Israeli director Amos Gitai’s latest film, Golem in Pompei, received its world premiere on November 4 in the Competition section of the 38th Tokyo International Film Festival. The film, recorded last June at an arts festival in the ancient Italian city, is a document of Gitai’s multimedia theater piece, Golem, which is based mainly on the novel of the same title by the Nobel Prize-winning author Isaac Bashevis Singer, who wrote in Yiddish—a language he once described as dead and therefore the perfect tongue with which to tell ghost stories.
 
The Golem is a mythical creature out of Jewish mysticism, a being made of mud and clay whose purpose is to defend Jewish people from those who would oppress them. Gitai’s play, which is performed in eight languages by an international cast, mainly centers on two stories, one that takes place in Prague in 1590 during a campaign to eradicate Jews for supposedly killing Christian children, and the other in 20th-century Ukraine, when pogroms wiped out much of the Jewish population.

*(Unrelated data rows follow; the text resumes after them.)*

-- ===== src/Batch/Retries.antt =====
-- Retries: a bound on them, and what the second handling of failed rows does to the first.
use dost_review_api.Prelude.{
  ℕ, ◌+◌, ◌<◌, ◌≡◌, Bool, true, not, ◌||◌, some, List, arith, leb, ltb, All, Bool-cases, inl, inr,
}
use dost_review_api.Models.{Uuid}
use dost_review_api.Review.{Row, Status, is_gated, is_processing, find, update_where}
use dost_review_api.Batch.Database.{Db, elem, Output}
use dost_review_api.Batch.Claim.{
  Group, claim, claimed, claimed_ids, mark_processing, is_claimable, group_by_profile,
}
use dost_review_api.Batch.Engine.{
  Settings, Env, Work, has_id, fail_row, dead_letter, requeue_row, ids_of, mark_committed,
  commit_profile, claimed_work, run_batch,
}
use dost_review_api.Batch.Updates.{All-update, All-both, All-found}
use dost_review_api.Batch.Keeps.{run_profiles-keeps}
use dost_review_api.Batch.Chosen.{elem-chosen, find-keep}
use dost_review_api.Review.Laws.{HasUniqueIds}

-- A review that is still to be processed.
abbrev pub is_open : Status → Bool
is_open s = is_gated s || is_processing s

claimable-open :
    (locked : Uuid → Bool) (r : Row) → is_claimable locked r ≡ true → is_open r.status ≡ true
unfolding is_claimable
claimable-open locked r h = ground arith

-- An open review has failed fewer times than the limit.
abbrev pub IsBounded : ℕ → List Row → Type 0
IsBounded limit = All (λ r. is_open r.status ≡ true → r.retry_count < limit)

update-IsBounded :
    (limit : ℕ) (p : Row → Bool) (f : Row → Row) (rows : List Row)
    → ((r : Row)
        → (is_open r.status ≡ true → r.retry_count < limit)
        → is_open (f r).status ≡ true
        → (f r).retry_count < limit)
    → IsBounded limit rows
    → IsBounded limit (update_where p f rows)
update-IsBounded limit p f rows keeps =
    All-update (λ r. is_open r.status ≡ true → r.retry_count < limit)
      (λ r. is_open r.status ≡ true → r.retry_count < limit) p f rows
      (λ r h. elim (Bool-cases (p r)) [ inl met ↦ rw met (keeps r h) | inr other ↦ rw other h ])

module _ (settings : Settings) (env : Env) where
  abbrev Bounded : Work → Type 0
  Bounded w = IsBounded settings.max_review_retries w.db.reviews

  fail_row-Bounded :
      (will_retry : Bool) (row : Row) (w : Work)
      → Bounded w
      → Bounded (fail_row settings env.now will_retry row w)
  unfolding fail_row dead_letter requeue_row
  fail_row-Bounded will_retry row w h =
      let n = row.retry_count + 1 in
      elim (Bool-cases (not will_retry || leb settings.max_review_retries n)) [
        | inl dead ↦ rw dead (
            update-IsBounded settings.max_review_retries (has_id row.id) (dead_letter n env.now)
              w.db.reviews (λ r b e. absurd (ground arith)) h)
        | inr retry ↦ rw retry (
            update-IsBounded settings.max_review_retries (has_id row.id) (requeue_row n)
              w.db.reviews (λ r b e. ground arith) h)
      ]

  commit-Bounded :
      (group : Group) (o : Output) (w : Work) → Bounded w → Bounded (commit_profile env group o w).1
  unfolding commit_profile mark_committed
  commit-Bounded group o w h =
      elim (Bool-cases (env.commit_fails group.0 || ltb 50 o.reputation_score)) [
        | inl stops ↦ rw stops h
        | inr goes_on ↦ rw goes_on (
            update-IsBounded settings.max_review_retries (λ r. elem r.id (ids_of group.1))
              (mark_committed env.now) w.db.reviews (λ r b e. absurd (ground arith)) h)
      ]

-- A claim takes GATED rows, which are open, and changes no count.
claim-IsBounded :
    (limit n : ℕ) (locked : Uuid → Bool) (batch_id : Uuid) (rows : List Row)
    → HasUniqueIds rows
    → IsBounded limit rows
    → IsBounded limit (claim locked n batch_id rows)
unfolding claim mark_processing
claim-IsBounded limit n locked batch_id rows unique h =
    let ids = claimed_ids locked n rows in
    All-update (λ r. (is_open r.status ≡ true → r.retry_count < limit) × (find r.id rows ≡ some r))
      (λ r. is_open r.status ≡ true → r.retry_count < limit) (λ r. elem r.id ids)
      (mark_processing batch_id) rows
      (λ r both. elim (Bool-cases (elem r.id ids)) [
        | inl met ↦ rw met (λ e. both.0 (
            claimable-open locked r (
              find-keep (is_claimable locked) r.id rows r unique both.1
                (elem-chosen locked n r.id rows met))))
        | inr other ↦ rw other both.0
      ])
      (All-both (λ r. is_open r.status ≡ true → r.retry_count < limit)
        (λ r. find r.id rows ≡ some r) rows h (All-found rows unique))

-- Where ids are unique, a run keeps every open review below the limit of retries, however it ends: a
-- review that has failed as often as the limit says is neither GATED nor PROCESSING any more.
pub run_batch-IsBounded :
    (settings : Settings) (env : Env) (batch_id : Uuid) (db : Db)
    → HasUniqueIds db.reviews
    → IsBounded settings.max_review_retries db.reviews
    → IsBounded settings.max_review_retries (run_batch settings env batch_id db).1.db.reviews
unfolding run_batch claimed_work
run_batch-IsBounded settings env batch_id db unique h =
    elim (Bool-cases (not env.engine_loads || env.claim_fails)) [
      | inl stops ↦ rw stops h
      | inr goes_on ↦ rw goes_on (
          run_profiles-keeps settings env (Bounded settings env) (fail_row-Bounded settings env)
            (commit-Bounded settings env)
            (group_by_profile
              (claimed env.locked settings.max_reviews_per_batch batch_id db.reviews))
            (unfold claimed_work in claimed_work settings env batch_id db)
            (claim-IsBounded settings.max_review_retries settings.max_reviews_per_batch env.locked
              batch_id db.reviews unique h))
    ]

However, the metaphor of the Golem as a “tool” is extended near the end of the play to describe modern weapons that are meant to keep nations safe, but, like the Golem itself, take on a deadly life of their own when the creator loses control of the creation.
 
The director, who was making his first appearance at TIFF since 1999, answered questions from the audience following the screening of the film, most of which had to do with current events.
 
Gitai said he had recently brought his play to Tel Aviv for the 30th anniversary of the assassination of Israeli Prime Minister Yitzhak Rabin, a tragedy that Gitai said effectively destroyed the Israel-Palestine peace process Rabin was pursuing at the time, which has never recovered. “But we cannot afford to be pessimistic,” he said. “We need hope in order to find a solution to the conflict that has been exacerbated by the very cynical Israeli government.”
 
He feels his play and, by extension, the film about the play have something vital to say about the dangers of using force to solve all problems. “The play has resonance for the current situation in the Middle East,” he said, “though it isn’t easy to spell out. My previous picture (Lamma Milkhama, 2024) was more explicitly about the present war.”
 
When asked by the moderator, TIFF Programming Director Ichiyama Shozo, how the play came about, Gitai replied, “Over the years I have been working with a group of actors who represent many nationalities. The director of the National Theater in Paris suggested I stage a play at a festival in Pompei, and I thought of the Golem as the savior of the Jewish race and decided the play should mainly be done in Yiddish.” He elaborated on the metaphorical meaning of the Golem and felt that cinema was actually a better medium to explore this metaphor, “since it offers all these options and parameters,” and so had the play filmed.
 
One audience member said she was from Gitai’s birthplace, Haifa, and wondered if the play could be viewed as optimistic in any way. “I think so,” responded the director, “for the very reason that you have actors from so many different places, including Palestine and Iraq, on the same stage. Creating a dialogue in the present environment is very important.”
 
Another viewer said the film didn’t make him feel optimistic at all, since its perspective dwelled on the results of violence and hatred. “My desire is that the meaning of the film be interpreted by each viewer in their own way,” Gitai said. “Personally, the films I like the most are those that, when I go home afterwards, still speak to me and tell me what to feel. In this film I took a story that is connected to the Jewish community but which I think is relevant to every community.”
 
In that sense, he admitted, some people may come away from the film discouraged by its implications. “Susan Sontag once wrote about the ‘suffering of the other,’ and one of the problems with the situation in the Middle East is that each group is consumed by its own suffering without actually looking at the suffering on the other side,” said Gitai. “If all we do is dwell on our own suffering, we will never see peace. Israelis need to be aware of the suffering of the Palestinians, and the Palestinians need to acknowledge the suffering of the Jewish people.”
 
Q&A Session: Competition
Golem in Pompei
Guest: Amos Gitai (Director)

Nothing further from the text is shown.